Read through the records below and copy each line that uses the word "ticked".

Collected data
- - - - -

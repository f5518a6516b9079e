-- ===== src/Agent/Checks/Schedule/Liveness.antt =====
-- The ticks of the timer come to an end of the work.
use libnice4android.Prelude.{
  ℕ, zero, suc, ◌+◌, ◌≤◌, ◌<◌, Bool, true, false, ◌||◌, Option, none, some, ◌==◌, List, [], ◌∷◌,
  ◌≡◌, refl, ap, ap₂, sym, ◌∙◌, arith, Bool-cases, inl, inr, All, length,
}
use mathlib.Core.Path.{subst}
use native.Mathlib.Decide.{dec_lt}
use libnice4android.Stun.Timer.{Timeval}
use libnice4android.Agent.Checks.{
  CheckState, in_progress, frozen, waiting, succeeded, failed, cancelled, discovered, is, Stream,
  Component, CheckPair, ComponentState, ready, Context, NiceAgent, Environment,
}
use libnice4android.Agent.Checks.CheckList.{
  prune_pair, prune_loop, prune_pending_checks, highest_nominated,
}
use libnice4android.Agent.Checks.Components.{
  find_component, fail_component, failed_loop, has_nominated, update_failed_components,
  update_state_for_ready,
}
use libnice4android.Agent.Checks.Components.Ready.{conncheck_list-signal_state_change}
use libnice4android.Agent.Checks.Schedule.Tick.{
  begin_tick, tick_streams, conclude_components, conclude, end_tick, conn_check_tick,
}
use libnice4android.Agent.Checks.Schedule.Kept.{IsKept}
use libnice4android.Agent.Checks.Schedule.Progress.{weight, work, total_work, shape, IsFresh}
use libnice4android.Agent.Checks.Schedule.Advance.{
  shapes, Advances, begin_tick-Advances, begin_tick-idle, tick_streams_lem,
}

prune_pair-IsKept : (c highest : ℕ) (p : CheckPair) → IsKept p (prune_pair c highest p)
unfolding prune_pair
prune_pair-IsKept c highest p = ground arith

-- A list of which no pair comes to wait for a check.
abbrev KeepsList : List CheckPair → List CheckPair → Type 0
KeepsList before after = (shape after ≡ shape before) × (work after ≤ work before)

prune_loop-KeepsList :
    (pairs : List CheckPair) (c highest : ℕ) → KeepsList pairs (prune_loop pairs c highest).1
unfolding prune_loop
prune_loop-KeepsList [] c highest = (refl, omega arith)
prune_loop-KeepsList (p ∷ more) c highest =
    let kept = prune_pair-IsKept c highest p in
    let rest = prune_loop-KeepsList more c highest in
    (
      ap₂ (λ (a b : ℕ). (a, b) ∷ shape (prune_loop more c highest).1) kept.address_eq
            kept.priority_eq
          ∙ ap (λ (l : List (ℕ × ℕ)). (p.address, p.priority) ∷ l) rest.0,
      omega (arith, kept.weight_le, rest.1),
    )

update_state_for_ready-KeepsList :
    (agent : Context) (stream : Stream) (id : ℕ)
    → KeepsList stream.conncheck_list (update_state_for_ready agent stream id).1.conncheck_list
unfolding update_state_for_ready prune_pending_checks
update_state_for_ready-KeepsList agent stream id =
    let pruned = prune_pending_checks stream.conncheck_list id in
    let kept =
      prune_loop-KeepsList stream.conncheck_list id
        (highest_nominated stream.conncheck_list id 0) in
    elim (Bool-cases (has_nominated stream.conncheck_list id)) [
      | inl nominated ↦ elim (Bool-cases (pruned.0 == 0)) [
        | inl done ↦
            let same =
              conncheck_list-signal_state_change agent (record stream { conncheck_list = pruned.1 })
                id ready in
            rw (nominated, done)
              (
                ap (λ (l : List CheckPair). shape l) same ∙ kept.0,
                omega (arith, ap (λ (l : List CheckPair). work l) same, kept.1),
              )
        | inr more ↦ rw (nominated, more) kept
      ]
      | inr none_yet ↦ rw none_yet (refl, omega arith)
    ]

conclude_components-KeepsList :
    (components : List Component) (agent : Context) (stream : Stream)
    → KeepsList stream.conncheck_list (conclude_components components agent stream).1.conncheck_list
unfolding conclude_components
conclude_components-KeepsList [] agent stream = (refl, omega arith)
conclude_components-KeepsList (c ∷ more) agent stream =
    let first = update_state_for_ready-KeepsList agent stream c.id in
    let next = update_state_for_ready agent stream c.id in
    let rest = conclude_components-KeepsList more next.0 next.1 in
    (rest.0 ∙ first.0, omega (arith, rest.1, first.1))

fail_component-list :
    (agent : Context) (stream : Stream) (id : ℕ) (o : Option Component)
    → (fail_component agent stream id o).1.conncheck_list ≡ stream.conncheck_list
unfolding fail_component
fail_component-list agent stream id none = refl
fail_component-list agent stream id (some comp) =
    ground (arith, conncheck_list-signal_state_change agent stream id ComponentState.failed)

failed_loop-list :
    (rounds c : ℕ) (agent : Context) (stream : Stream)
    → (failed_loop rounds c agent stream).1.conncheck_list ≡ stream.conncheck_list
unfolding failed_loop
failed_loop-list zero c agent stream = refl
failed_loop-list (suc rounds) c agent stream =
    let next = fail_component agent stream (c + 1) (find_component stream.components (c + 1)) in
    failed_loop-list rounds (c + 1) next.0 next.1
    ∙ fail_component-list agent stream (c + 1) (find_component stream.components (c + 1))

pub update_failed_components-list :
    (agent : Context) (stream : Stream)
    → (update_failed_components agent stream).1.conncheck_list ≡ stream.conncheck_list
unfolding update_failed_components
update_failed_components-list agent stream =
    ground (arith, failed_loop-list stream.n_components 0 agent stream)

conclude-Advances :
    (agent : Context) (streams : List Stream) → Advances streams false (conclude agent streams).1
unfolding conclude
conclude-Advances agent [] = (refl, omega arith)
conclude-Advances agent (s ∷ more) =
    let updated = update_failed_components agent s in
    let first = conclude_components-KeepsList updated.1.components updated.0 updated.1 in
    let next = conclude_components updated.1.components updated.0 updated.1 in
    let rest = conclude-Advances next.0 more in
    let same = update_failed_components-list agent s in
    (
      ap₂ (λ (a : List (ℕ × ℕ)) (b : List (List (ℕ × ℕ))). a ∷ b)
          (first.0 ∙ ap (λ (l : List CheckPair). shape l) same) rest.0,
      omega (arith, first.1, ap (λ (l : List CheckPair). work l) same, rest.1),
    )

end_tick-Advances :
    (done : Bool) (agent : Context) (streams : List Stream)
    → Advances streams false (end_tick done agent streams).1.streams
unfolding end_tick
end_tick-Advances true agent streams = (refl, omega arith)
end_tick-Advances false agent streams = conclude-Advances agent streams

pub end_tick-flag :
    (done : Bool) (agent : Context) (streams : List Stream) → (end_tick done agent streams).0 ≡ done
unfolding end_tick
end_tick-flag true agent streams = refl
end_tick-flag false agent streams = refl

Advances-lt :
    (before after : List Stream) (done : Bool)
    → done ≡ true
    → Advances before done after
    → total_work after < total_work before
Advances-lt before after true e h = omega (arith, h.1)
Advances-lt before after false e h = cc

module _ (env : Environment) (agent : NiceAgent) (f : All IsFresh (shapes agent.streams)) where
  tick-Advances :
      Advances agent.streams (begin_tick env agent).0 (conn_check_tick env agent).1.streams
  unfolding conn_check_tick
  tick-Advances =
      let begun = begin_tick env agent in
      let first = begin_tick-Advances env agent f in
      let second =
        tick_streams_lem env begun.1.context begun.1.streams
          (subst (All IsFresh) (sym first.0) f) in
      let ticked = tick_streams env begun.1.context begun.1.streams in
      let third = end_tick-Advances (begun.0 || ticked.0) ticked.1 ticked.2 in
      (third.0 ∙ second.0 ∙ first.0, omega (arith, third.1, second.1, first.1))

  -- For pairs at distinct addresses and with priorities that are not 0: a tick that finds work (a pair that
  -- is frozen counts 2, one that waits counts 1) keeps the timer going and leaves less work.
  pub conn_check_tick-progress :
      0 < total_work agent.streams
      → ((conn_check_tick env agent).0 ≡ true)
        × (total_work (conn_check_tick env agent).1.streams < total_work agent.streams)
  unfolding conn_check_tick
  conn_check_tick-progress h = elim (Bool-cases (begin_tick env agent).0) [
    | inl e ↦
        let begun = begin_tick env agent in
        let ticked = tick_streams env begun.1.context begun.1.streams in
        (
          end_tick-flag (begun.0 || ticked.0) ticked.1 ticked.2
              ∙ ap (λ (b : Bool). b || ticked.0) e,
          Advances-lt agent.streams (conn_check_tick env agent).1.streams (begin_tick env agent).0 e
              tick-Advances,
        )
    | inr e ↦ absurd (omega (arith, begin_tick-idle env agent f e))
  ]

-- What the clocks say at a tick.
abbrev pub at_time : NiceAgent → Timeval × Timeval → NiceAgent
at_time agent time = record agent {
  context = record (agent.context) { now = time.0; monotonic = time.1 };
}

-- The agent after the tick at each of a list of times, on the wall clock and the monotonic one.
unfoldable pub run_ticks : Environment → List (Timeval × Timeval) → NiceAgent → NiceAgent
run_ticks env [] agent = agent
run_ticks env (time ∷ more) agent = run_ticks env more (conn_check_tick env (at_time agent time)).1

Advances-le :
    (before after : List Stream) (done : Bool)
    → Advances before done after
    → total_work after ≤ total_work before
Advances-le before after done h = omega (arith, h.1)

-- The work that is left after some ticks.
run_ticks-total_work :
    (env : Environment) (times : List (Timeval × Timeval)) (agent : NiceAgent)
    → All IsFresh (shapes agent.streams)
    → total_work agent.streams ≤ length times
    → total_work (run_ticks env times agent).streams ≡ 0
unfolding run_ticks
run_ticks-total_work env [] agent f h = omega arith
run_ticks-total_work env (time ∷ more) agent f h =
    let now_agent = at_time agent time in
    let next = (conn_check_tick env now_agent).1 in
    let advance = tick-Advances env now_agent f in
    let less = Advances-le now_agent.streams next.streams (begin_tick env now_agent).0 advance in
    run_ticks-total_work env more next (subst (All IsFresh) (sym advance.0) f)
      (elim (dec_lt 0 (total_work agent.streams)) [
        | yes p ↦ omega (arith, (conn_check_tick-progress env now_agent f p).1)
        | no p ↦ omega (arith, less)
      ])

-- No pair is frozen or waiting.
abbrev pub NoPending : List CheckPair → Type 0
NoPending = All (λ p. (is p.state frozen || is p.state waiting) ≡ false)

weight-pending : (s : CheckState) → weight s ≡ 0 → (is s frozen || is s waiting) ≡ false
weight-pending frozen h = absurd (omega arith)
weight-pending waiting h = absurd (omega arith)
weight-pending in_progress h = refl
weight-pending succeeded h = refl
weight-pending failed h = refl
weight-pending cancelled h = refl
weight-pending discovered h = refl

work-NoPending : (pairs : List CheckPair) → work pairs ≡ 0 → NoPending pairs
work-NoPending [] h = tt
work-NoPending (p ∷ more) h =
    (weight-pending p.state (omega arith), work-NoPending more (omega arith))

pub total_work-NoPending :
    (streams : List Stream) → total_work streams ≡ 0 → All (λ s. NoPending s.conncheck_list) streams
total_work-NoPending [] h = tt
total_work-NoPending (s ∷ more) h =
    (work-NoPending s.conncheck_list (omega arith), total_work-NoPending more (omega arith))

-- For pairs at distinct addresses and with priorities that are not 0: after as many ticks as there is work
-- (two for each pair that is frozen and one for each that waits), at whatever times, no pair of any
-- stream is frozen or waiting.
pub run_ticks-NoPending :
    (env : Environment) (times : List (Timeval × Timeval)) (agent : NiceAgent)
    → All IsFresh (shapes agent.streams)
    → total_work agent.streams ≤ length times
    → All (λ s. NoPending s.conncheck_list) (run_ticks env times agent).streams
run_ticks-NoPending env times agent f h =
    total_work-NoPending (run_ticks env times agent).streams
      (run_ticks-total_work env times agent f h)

- - - - -

Solution for this task:
      let ticked = tick_streams env begun.1.context begun.1.streams in
      let third = end_tick-Advances (begun.0 || ticked.0) ticked.1 ticked.2 in
        let ticked = tick_streams env begun.1.context begun.1.streams in
          end_tick-flag (begun.0 || ticked.0) ticked.1 ticked.2
              ∙ ap (λ (b : Bool). b || ticked.0) e,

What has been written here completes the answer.